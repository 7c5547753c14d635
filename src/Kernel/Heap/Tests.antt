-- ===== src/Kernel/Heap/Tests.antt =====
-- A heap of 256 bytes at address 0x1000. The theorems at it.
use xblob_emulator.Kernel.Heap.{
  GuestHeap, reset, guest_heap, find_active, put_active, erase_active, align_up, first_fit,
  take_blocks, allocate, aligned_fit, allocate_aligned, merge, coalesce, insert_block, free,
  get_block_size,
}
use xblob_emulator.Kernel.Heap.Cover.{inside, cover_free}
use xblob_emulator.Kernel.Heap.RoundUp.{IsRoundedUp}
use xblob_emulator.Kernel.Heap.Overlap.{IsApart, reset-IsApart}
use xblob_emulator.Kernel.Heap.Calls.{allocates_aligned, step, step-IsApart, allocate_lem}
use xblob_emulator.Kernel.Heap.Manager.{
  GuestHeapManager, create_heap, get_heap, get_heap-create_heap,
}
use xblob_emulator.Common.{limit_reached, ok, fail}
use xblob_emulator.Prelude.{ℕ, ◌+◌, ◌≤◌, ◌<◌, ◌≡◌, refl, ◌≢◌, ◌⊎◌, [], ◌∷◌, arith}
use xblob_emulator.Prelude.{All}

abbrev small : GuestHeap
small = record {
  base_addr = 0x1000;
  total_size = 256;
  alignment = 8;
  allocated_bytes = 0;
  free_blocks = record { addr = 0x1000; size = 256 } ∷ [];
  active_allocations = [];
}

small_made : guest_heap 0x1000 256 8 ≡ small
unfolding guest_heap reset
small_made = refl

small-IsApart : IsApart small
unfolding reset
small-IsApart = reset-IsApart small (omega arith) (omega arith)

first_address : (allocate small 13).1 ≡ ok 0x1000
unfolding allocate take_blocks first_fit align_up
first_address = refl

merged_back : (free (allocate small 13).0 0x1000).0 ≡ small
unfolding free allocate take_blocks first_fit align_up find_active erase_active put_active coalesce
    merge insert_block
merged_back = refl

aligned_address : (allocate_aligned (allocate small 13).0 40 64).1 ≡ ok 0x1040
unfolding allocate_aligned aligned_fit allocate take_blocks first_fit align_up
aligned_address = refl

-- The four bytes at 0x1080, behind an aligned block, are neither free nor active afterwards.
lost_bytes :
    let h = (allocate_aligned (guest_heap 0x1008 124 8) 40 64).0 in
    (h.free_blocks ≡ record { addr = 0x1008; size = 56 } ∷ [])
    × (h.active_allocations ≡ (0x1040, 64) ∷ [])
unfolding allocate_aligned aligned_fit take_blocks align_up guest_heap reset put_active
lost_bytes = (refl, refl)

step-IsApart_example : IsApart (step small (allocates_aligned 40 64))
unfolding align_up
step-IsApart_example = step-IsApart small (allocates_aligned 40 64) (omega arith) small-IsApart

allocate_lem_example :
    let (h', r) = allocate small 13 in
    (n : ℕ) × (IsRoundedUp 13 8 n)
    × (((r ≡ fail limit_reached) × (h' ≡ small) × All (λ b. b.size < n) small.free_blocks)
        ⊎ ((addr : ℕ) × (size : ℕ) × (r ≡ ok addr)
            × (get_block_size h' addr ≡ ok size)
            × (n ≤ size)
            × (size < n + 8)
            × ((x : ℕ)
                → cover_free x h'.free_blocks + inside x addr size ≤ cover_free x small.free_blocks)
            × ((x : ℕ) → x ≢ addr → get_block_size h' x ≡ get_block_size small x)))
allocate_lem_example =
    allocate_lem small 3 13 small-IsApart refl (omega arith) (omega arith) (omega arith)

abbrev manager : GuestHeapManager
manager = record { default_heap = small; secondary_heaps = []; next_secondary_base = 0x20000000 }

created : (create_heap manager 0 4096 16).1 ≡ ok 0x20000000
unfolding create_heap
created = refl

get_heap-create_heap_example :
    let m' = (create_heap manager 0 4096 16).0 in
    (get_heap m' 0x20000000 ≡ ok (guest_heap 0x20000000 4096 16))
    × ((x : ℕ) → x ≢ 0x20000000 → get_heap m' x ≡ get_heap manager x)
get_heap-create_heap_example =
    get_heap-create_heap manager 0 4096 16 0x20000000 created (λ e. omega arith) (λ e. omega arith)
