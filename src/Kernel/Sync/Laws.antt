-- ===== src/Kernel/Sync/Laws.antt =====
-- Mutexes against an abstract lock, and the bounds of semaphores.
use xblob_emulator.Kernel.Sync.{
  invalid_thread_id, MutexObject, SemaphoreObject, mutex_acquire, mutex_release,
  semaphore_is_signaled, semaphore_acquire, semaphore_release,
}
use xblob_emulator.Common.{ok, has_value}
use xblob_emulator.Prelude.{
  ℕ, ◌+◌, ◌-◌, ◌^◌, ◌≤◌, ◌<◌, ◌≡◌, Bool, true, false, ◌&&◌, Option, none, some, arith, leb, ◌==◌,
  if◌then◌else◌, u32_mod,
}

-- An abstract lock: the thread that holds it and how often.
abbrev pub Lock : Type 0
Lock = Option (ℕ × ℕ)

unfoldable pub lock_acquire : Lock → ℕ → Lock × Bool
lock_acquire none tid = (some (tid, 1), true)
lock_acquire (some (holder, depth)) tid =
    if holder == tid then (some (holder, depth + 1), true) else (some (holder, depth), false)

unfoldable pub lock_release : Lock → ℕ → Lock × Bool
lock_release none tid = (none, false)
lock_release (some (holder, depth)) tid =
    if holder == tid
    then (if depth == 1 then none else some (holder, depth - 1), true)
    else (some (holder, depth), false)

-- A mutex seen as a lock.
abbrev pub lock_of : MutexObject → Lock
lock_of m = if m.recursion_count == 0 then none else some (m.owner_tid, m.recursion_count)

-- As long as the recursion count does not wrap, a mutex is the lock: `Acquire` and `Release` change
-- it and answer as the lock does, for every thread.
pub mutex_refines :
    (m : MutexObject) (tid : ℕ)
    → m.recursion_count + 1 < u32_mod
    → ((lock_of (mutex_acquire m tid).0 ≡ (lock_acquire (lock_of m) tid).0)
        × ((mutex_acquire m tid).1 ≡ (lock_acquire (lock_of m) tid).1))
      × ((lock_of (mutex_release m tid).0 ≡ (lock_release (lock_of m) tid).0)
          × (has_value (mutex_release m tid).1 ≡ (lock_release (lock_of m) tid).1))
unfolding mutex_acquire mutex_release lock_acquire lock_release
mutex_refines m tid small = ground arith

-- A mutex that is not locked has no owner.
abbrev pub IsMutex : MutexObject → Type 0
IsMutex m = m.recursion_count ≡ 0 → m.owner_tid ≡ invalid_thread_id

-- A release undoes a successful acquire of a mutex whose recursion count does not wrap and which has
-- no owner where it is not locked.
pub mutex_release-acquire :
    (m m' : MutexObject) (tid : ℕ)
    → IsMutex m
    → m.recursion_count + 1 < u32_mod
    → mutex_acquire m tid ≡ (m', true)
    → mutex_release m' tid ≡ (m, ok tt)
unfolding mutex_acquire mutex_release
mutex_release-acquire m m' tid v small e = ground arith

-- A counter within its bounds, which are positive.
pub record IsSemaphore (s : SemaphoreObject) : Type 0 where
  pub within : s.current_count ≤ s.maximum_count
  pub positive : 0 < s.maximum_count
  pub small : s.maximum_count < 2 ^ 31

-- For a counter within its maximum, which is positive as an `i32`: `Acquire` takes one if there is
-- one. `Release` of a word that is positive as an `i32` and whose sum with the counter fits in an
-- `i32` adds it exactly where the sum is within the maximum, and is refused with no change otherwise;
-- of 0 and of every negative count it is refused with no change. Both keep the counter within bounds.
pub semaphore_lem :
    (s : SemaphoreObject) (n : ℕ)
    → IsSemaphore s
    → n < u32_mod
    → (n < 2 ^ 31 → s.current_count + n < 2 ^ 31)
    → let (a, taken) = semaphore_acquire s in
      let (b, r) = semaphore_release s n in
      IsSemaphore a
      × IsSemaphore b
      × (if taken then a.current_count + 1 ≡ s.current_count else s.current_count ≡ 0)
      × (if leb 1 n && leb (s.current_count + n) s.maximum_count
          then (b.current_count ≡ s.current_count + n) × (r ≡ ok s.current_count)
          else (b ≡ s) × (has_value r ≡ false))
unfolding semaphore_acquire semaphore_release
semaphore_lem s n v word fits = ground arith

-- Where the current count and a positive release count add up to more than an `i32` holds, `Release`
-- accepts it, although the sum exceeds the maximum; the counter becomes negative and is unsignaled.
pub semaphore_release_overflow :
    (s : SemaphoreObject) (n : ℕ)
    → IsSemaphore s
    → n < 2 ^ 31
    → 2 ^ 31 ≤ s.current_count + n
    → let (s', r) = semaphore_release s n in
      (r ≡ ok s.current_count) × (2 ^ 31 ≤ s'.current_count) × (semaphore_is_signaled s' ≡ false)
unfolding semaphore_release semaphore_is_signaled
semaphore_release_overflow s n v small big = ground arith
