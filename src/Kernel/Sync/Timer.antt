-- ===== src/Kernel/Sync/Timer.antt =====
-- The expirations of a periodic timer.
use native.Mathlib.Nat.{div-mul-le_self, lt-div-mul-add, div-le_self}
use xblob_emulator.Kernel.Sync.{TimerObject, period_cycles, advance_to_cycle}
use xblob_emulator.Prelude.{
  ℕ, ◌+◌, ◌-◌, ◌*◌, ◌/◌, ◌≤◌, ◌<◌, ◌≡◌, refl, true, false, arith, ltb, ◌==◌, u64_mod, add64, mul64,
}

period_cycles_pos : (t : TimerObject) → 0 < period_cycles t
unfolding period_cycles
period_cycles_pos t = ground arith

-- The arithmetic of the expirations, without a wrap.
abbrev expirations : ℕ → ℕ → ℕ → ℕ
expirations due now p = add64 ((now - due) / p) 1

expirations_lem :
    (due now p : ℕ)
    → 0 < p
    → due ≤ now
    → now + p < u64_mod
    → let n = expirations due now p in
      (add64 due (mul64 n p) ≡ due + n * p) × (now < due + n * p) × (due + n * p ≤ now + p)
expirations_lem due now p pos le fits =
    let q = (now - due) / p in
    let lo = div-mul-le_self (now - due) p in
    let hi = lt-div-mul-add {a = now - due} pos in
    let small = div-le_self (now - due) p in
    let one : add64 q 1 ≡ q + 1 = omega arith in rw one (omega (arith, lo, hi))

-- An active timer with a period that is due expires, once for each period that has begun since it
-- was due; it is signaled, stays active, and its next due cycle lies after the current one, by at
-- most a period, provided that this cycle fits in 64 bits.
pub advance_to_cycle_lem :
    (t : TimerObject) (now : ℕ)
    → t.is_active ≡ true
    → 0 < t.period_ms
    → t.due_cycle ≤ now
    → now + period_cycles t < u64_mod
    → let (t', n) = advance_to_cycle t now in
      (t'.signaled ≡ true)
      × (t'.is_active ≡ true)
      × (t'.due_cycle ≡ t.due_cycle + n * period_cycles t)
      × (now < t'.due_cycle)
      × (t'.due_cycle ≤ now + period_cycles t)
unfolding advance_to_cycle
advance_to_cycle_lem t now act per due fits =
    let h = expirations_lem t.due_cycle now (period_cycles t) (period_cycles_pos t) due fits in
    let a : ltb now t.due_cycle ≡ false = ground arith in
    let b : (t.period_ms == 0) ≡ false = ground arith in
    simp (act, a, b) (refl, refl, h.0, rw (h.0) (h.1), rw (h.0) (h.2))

-.-.-

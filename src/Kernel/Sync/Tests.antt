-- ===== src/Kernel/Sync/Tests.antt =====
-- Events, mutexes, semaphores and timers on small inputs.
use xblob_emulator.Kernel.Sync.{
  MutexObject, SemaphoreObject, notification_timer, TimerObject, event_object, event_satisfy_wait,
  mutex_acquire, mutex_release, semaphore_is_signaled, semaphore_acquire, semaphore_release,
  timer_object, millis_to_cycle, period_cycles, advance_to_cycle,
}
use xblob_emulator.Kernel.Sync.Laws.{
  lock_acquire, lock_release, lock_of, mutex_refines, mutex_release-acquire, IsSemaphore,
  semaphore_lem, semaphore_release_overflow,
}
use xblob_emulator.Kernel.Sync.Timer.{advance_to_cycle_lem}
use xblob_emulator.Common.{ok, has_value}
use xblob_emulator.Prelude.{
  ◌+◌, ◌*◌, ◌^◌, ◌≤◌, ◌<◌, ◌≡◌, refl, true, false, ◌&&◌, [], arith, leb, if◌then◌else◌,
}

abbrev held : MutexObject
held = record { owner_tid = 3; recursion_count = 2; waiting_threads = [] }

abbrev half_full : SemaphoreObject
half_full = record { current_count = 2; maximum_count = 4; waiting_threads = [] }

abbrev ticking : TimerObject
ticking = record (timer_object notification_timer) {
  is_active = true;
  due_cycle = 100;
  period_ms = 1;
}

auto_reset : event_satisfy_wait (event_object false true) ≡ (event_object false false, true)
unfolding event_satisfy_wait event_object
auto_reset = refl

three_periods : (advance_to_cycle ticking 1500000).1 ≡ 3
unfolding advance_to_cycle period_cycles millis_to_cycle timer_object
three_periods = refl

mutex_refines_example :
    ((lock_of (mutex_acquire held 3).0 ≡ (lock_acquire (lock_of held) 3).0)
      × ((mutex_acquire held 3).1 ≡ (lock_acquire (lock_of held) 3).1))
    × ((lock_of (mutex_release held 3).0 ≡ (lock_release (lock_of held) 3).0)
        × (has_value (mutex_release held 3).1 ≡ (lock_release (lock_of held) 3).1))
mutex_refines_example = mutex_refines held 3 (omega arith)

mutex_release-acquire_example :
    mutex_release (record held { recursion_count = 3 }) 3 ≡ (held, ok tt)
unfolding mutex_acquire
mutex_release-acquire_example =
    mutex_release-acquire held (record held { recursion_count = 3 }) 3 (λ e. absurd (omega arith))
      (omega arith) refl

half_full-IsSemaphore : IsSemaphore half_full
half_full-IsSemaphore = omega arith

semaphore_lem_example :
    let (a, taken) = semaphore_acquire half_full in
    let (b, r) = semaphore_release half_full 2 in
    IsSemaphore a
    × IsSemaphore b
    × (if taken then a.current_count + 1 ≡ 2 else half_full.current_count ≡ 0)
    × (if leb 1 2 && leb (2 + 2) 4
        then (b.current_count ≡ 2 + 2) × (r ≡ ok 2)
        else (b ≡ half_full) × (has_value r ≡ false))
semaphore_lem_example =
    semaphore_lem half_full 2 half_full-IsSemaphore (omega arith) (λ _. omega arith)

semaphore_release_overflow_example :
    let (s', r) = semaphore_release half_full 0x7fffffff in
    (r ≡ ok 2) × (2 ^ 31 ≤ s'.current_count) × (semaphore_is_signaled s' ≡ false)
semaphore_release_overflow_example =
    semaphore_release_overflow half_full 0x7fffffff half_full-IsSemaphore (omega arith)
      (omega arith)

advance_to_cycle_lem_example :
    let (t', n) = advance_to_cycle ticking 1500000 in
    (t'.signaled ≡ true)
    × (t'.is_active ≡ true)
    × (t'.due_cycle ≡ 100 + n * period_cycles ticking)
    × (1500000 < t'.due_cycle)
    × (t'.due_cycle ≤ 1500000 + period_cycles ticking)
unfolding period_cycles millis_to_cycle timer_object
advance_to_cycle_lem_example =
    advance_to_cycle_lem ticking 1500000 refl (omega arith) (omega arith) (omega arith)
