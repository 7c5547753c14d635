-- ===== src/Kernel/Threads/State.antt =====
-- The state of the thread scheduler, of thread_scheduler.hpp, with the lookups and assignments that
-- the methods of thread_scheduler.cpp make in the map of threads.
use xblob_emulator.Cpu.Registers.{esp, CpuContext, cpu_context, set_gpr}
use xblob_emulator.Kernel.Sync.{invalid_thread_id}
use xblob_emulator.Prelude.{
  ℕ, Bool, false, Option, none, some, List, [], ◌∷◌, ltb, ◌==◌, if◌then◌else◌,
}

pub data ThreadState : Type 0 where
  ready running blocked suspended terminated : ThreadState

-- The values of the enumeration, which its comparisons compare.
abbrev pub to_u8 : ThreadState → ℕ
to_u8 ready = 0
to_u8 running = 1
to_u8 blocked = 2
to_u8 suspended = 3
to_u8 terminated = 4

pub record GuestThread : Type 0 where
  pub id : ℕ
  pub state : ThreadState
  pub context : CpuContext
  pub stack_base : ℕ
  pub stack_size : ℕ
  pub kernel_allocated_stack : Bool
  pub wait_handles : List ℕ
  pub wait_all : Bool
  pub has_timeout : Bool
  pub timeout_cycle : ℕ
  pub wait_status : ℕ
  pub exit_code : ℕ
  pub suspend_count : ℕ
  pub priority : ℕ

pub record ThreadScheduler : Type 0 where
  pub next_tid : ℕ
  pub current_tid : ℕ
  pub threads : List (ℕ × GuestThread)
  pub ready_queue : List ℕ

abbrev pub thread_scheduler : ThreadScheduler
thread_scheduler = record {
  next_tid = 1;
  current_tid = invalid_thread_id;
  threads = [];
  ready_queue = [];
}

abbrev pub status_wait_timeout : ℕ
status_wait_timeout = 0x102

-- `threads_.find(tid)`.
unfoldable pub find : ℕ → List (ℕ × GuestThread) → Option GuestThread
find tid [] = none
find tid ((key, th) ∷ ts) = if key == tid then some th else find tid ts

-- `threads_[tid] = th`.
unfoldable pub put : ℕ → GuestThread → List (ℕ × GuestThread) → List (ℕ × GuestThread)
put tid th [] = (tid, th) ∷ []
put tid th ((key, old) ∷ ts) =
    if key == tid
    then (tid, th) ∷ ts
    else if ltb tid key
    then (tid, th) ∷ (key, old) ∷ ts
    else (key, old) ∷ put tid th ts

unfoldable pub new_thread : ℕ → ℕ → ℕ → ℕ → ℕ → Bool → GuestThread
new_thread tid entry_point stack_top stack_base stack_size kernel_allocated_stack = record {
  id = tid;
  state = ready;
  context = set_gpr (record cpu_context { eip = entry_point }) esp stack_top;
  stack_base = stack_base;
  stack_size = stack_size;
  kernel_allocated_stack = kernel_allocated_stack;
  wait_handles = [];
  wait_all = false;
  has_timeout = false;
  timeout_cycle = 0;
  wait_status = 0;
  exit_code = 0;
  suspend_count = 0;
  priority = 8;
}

-.-.-

WHAT IS NEEDED:
Please copy, exactly and with nothing else, the lines above beginning at the line that has "mutex_release-acquire held (record" and ending with the line that has "semaphore_lem half_full 2".

EXERCISE SOLUTION:
    mutex_release-acquire held (record held { recursion_count = 3 }) 3 (λ e. absurd (omega arith))
      (omega arith) refl

half_full-IsSemaphore : IsSemaphore half_full
half_full-IsSemaphore = omega arith

semaphore_lem_example :
    let (a, taken) = semaphore_acquire half_full in
    let (b, r) = semaphore_release half_full 2 in
    IsSemaphore a
    × IsSemaphore b
    × (if taken then a.current_count + 1 ≡ 2 else half_full.current_count ≡ 0)
    × (if leb 1 2 && leb (2 + 2) 4
        then (b.current_count ≡ 2 + 2) × (r ≡ ok 2)
        else (b ≡ half_full) × (has_value r ≡ false))
semaphore_lem_example =
    semaphore_lem half_full 2 half_full-IsSemaphore (omega arith) (λ _. omega arith)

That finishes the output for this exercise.